Courtavenel, jeudi, 16 août 49.

Bonjour, Madame: guten Morgen.

Et en effet, ils sont arrivés hier soir tous les deux. Je parle de M. et Mme Sitchès. J'ai été bien content de les voir. Et puis ils avaient l'air si heureux, ils me contaient une foule de choses, les moindres détails de leur voyage, et surtout du mariage avec une volubilité si joyeuse! Ils m'ont montré le portrait de Léonard qui m'a l'air d'un bon diable. Je me suis fait raconter par eux comment ils ont revu Mlle Antonia, ce qu'ils lui ont dit, ce qu'elle leur a répondu; comment ils ont vu pour la première fois M. Léonard, ce qu'il leur a dit, ce qu'ils lui ont répondu, l'habit qu'il portait, le chapeau qu'il tenait à la main et leurs habits à eux, et puis ensuite, en s'élevant à des détails plus importants, les préparatifs du jour de noce, etc., etc., ils ont dû tout me décrire; et ils le faisaient, ils se répétaient avec délices, ils imitaient la manière de regarder, le son de voix de Léonard, et je les écoutais avec un véritable intérêt; car le bonheur est contagieux. Enfin j'espère que tout ceci continuera aussi bien que cela a commencé. Aujourd'hui le torrent est devenu ruisseau; nous parlons encore, mais la veine s'épuise.
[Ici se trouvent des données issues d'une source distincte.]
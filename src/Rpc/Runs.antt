-- ===== src/Rpc/Runs.antt =====
-- Whole runs of the broker (agent_rpc.py).
use constella.Prelude.{
  subst, sym, ℕ, ◌≡◌, refl, Bool, true, false, ◌&&◌, Option, none, some, List, [], ◌∷◌, Text, text,
  text_eq, truthy, get_elem?, inl, inr, Bool-cases, Option-cases, if◌then◌else◌,
}
use constella.Prelude.Dicts.{lookup}
use constella.Rpc.Broker.{
  Call, replaces, holds_connection, resolve_account_lookup, resolve_restart, start, start_on,
  is_true, queue_full, send_next, register, unregister, time_out, finish, fail_pending, set_result,
  resolve_response, open_at, key_of_message,
}
use constella.Rpc.Data.{
  Connection, Message, Future, Broker, is_waiting, agent_unavailable, cancelled, answered,
  pending_of,
}
use constella.Rpc.Events.{
  Event, joins, leaves, asks, sends, replies_lookup, replies_restart, expires, resumes, step, run,
}
use constella.Rpc.Futures.{set_outcome-settle, IsAt, Settles-settle, Settles-fail_pending}
use constella.Rpc.Owned.{IsOwned, IsOwned-register, IsOwned-unregister}
use constella.Rpc.Requests.{IsOwned-start}
use constella.Rpc.Ends.{
  IsFresh, IsOwned-send_next, IsOwned-time_out, IsOwned-finish, IsAt-append_old,
}
use constella.Rpc.Answers.{Judged-IsOwned, resolve-Answers}

abbrev pub IsFreshEvent : Event → Broker → Type 0
IsFreshEvent (joins node c) b = Unit
IsFreshEvent (leaves node c) b = Unit
IsFreshEvent (asks call id) b = IsFresh id b
IsFreshEvent (sends node) b = Unit
IsFreshEvent (replies_lookup m c) b = Unit
IsFreshEvent (replies_restart m c) b = Unit
IsFreshEvent (expires i) b = Unit
IsFreshEvent (resumes i) b = Unit

-- No request takes an id that an earlier one has.
unfoldable pub AreFresh : List Event → Broker → Type 0
AreFresh [] b = Unit
AreFresh (e ∷ events) b = IsFreshEvent e b × AreFresh events (step e b)

IsOwned-step : (e : Event) (b : Broker) → IsFreshEvent e b → IsOwned b → IsOwned (step e b)
unfolding step
IsOwned-step (joins node c) b fresh ok = IsOwned-register node c b ok
IsOwned-step (leaves node c) b fresh ok = IsOwned-unregister node c b ok
IsOwned-step (asks call id) b fresh ok = IsOwned-start call id b fresh ok
IsOwned-step (sends node) b fresh ok = IsOwned-send_next node b ok
IsOwned-step (replies_lookup m c) b fresh ok =
    let judged = resolve-Answers m c b ok in Judged-IsOwned m c b _ (judged.0, judged.1) ok
IsOwned-step (replies_restart m c) b fresh ok =
    let judged = resolve-Answers m c b ok in Judged-IsOwned m c b _ (judged.2, judged.3) ok
IsOwned-step (expires i) b fresh ok = IsOwned-time_out i b ok
IsOwned-step (resumes i) b fresh ok = IsOwned-finish i b ok

-- Over any run in which request ids are not used twice: where every waiting request was sent on the
-- connection that its node has, and its pending key leads to it and to no other, this is so after
-- the run. So no request waits for a connection that was replaced or has ended.
pub run-IsOwned :
    (events : List Event) (b : Broker) → AreFresh events b → IsOwned b → IsOwned (run events b)
unfolding run AreFresh
run-IsOwned [] b fresh ok = ok
run-IsOwned (e ∷ events) b fresh ok =
    run-IsOwned events (step e b) fresh.1 (IsOwned-step e b fresh.0 ok)

if_futures :
    (p : Bool) (b b' : Broker) (i : ℕ) (f : Future)
    → IsAt i f b.futures
    → IsAt i f b'.futures
    → IsAt i f (if p then b' else b).futures
if_futures true b b' i f before after = after
if_futures false b b' i f before after = before

done_failed :
    (node : Text) (b : Broker) (i : ℕ) (f : Future)
    → IsAt i f b.futures
    → is_waiting f.outcome ≡ false
    → IsAt i f (fail_pending node agent_unavailable b.pending b.futures)
done_failed node b i f here done =
    (Settles-fail_pending node agent_unavailable b.pending b.futures).done i f here done

done_register :
    (node : Text) (c : Connection) (b : Broker) (i : ℕ) (f : Future)
    → IsAt i f b.futures
    → is_waiting f.outcome ≡ false
    → IsAt i f (register node c b).futures
unfolding register
done_register node c b i f here done =
    elim (Bool-cases (replaces (lookup node b.connections) c.connection_id)) [
      | inl replaced ↦ simp replaced (done_failed node b i f here done)
      | inr kept ↦ simp kept here
    ]

done_unregister :
    (node : Text) (c : ℕ) (b : Broker) (i : ℕ) (f : Future)
    → IsAt i f b.futures
    → is_waiting f.outcome ≡ false
    → IsAt i f (unregister node c b).futures
unfolding unregister
done_unregister node c b i f here done =
    if_futures (holds_connection (lookup node b.connections) c) b _ i f here
      (done_failed node b i f here done)

done_start :
    (call : Call) (id : Text) (b : Broker) (i : ℕ) (f : Future)
    → IsAt i f b.futures
    → IsAt i f (start call id b).1.futures
unfolding start
done_start call id b i f here = elim (Option-cases (lookup call.node_id b.connections)) [
  | inl missing ↦ simp missing here
  | inr (c, found) ↦ elim (Bool-cases (is_true (lookup call.capability c.capabilities))) [
    | inr unable ↦ simp (found, start_on, unable) here
    | inl able ↦ elim (Bool-cases (queue_full c)) [
      | inl full ↦ simp (found, start_on, able, full) here
      | inr room ↦ simp (found, start_on, able, room) (IsAt-append_old b.futures _ i f here)
    ]
  ]
]

done_send_next :
    (node : Text) (b : Broker) (i : ℕ) (f : Future)
    → IsAt i f b.futures
    → IsAt i f (send_next node b).futures
unfolding send_next
done_send_next node b i f here = elim (Option-cases (lookup node b.connections)) [
  | inl missing ↦ simp missing here
  | inr (c, found) ↦ simp found here
]

done_finish :
    (h : ℕ) (b : Broker) (i : ℕ) (f : Future) → IsAt i f b.futures → IsAt i f (finish h b).futures
unfolding finish
done_finish h b i f here = elim (Option-cases (get_elem? b.futures h)) [
  | inl missing ↦ simp missing here
  | inr (g, there) ↦ elim (Bool-cases (is_waiting g.outcome)) [
    | inl wait ↦ simp (there, wait) here
    | inr done ↦ simp (there, done) here
  ]
]

done_place :
    (o : Option ℕ) (m : Message) (b : Broker) (i : ℕ) (f : Future)
    → IsAt i f b.futures
    → is_waiting f.outcome ≡ false
    → IsAt i f (set_result (open_at o b.futures) m b).1.futures
done_place none m b i f here done = here
done_place (some h) m b i f here done = elim (Option-cases (get_elem? b.futures h)) [
  | inl gone ↦ simp gone here
  | inr (g, there) ↦ elim (Bool-cases (is_waiting g.outcome)) [
    | inr over ↦ simp (there, over) here
    | inl wait ↦
        simp (there, wait)
          (subst (IsAt i f) (sym (set_outcome-settle h (answered m) g b.futures there wait))
            ((Settles-settle h (answered m) b.futures refl).done i f here done))
  ]
]

if_answer :
    (p : Bool) (b : Broker) (x : Bool × Broker) (i : ℕ) (f : Future)
    → IsAt i f b.futures
    → IsAt i f x.1.futures
    → IsAt i f (if p then x else (false, b)).1.futures
if_answer true b x i f before after = after
if_answer false b x i f before after = before

done_response :
    (m : Message) (c : ℕ) (b : Broker) (i : ℕ) (f : Future)
    → IsAt i f b.futures
    → is_waiting f.outcome ≡ false
    → IsAt i f (resolve_response m c b).1.futures
unfolding resolve_response
done_response m c b i f here done =
    let place = open_at (pending_of (key_of_message m) b.pending) b.futures in
    if_answer
      (truthy m.node_id
        && truthy m.request_id
        && holds_connection (lookup m.node_id b.connections) c)
      b (set_result place m b) i f here
      (done_place (pending_of (key_of_message m) b.pending) m b i f here done)

done_step :
    (e : Event) (b : Broker) (i : ℕ) (f : Future)
    → IsAt i f b.futures
    → is_waiting f.outcome ≡ false
    → IsAt i f (step e b).futures
unfolding step resolve_account_lookup resolve_restart time_out
done_step (joins node c) b i f here done = done_register node c b i f here done
done_step (leaves node c) b i f here done = done_unregister node c b i f here done
done_step (asks call id) b i f here done = done_start call id b i f here
done_step (sends node) b i f here done = done_send_next node b i f here
done_step (replies_lookup m c) b i f here done =
    if_answer (text_eq m.type (text "account_lookup_response")) b (resolve_response m c b) i f here
      (done_response m c b i f here done)
done_step (replies_restart m c) b i f here done =
    if_answer (text_eq m.type (text "agent_restart_response")) b (resolve_response m c b) i f here
      (done_response m c b i f here done)
done_step (expires h) b i f here done =
    (Settles-settle h cancelled b.futures refl).done i f here done
done_step (resumes h) b i f here done = done_finish h b i f here

-- A request that has its result, or its error, keeps it: no later answer, no connection that goes and
-- no timeout changes it, in any run.
pub run_done :
    (events : List Event) (b : Broker) (i : ℕ) (f : Future)
    → IsAt i f b.futures
    → is_waiting f.outcome ≡ false
    → IsAt i f (run events b).futures
unfolding run
run_done [] b i f here done = here
run_done (e ∷ events) b i f here done =
    run_done events (step e b) i f (done_step e b i f here done) done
Mlle Berthe arrive demain avec Louise. Courtavenel commence à se remplir. Je ne dînerai plus en tête à tête avec moi-même.

Vendredi.

Madame! permettez-moi de prendre un ton solennel à la hauteur des circonstances. Madame! un fléau terrible, semblable à ces plaies d'Égypte dont parle l'Écriture sainte, est venu s'abattre sur les «beaux lieux» que vous habitez, ou plutôt que vous n'habitez pas. Il ne nous a pas frappés à l'improviste, il nous avait déjà souvent menacés de ses fureurs… que dis-je? nous avions plus d'une fois éprouvé l'effet de ses coups… (c'est du Racine, cela). Mais cette fois-ci le cruel a dépassé les prévisions les plus sinistres, ébranlé les cœurs les plus fermes et répandu au loin la stupeur du désespoir. Madame! ce fléau, c'est les rougets, ou ce sont les rougets, comme vous voulez. Votre cœur sensible a dû le deviner. Madame! dans l'espace d'une heure, madame votre tante, qui, remarquez-le bien, n'était pas sortie de toute la journée, en a pris cinquante, cincuenta fünfzig fifty! sur son visage et sur son cou! Elle nous les a montrés; nous les avons comptés. Elle en prenait avec son mouchoir par deux, par trois, par cinq! Tous nos corps ne sont plus qu'une plaie comme celui d'Hippolyte… Je me gratte avec les dix doigts jusqu'à faire ruisseler le sang. J'espère que cela ne durera pas. Ce serait trop épouvantable! Nous attendons Mlle Berthe avec impatience, —para dar á comer á los bichos, comme dit le seigneur D. Pablo, – peut-être qu'elle fera une diversion utile. Jamais cela n'a été aussi fort. Pourvu que la rage de ces animaux infernaux soit assouvie avant votre arrivée!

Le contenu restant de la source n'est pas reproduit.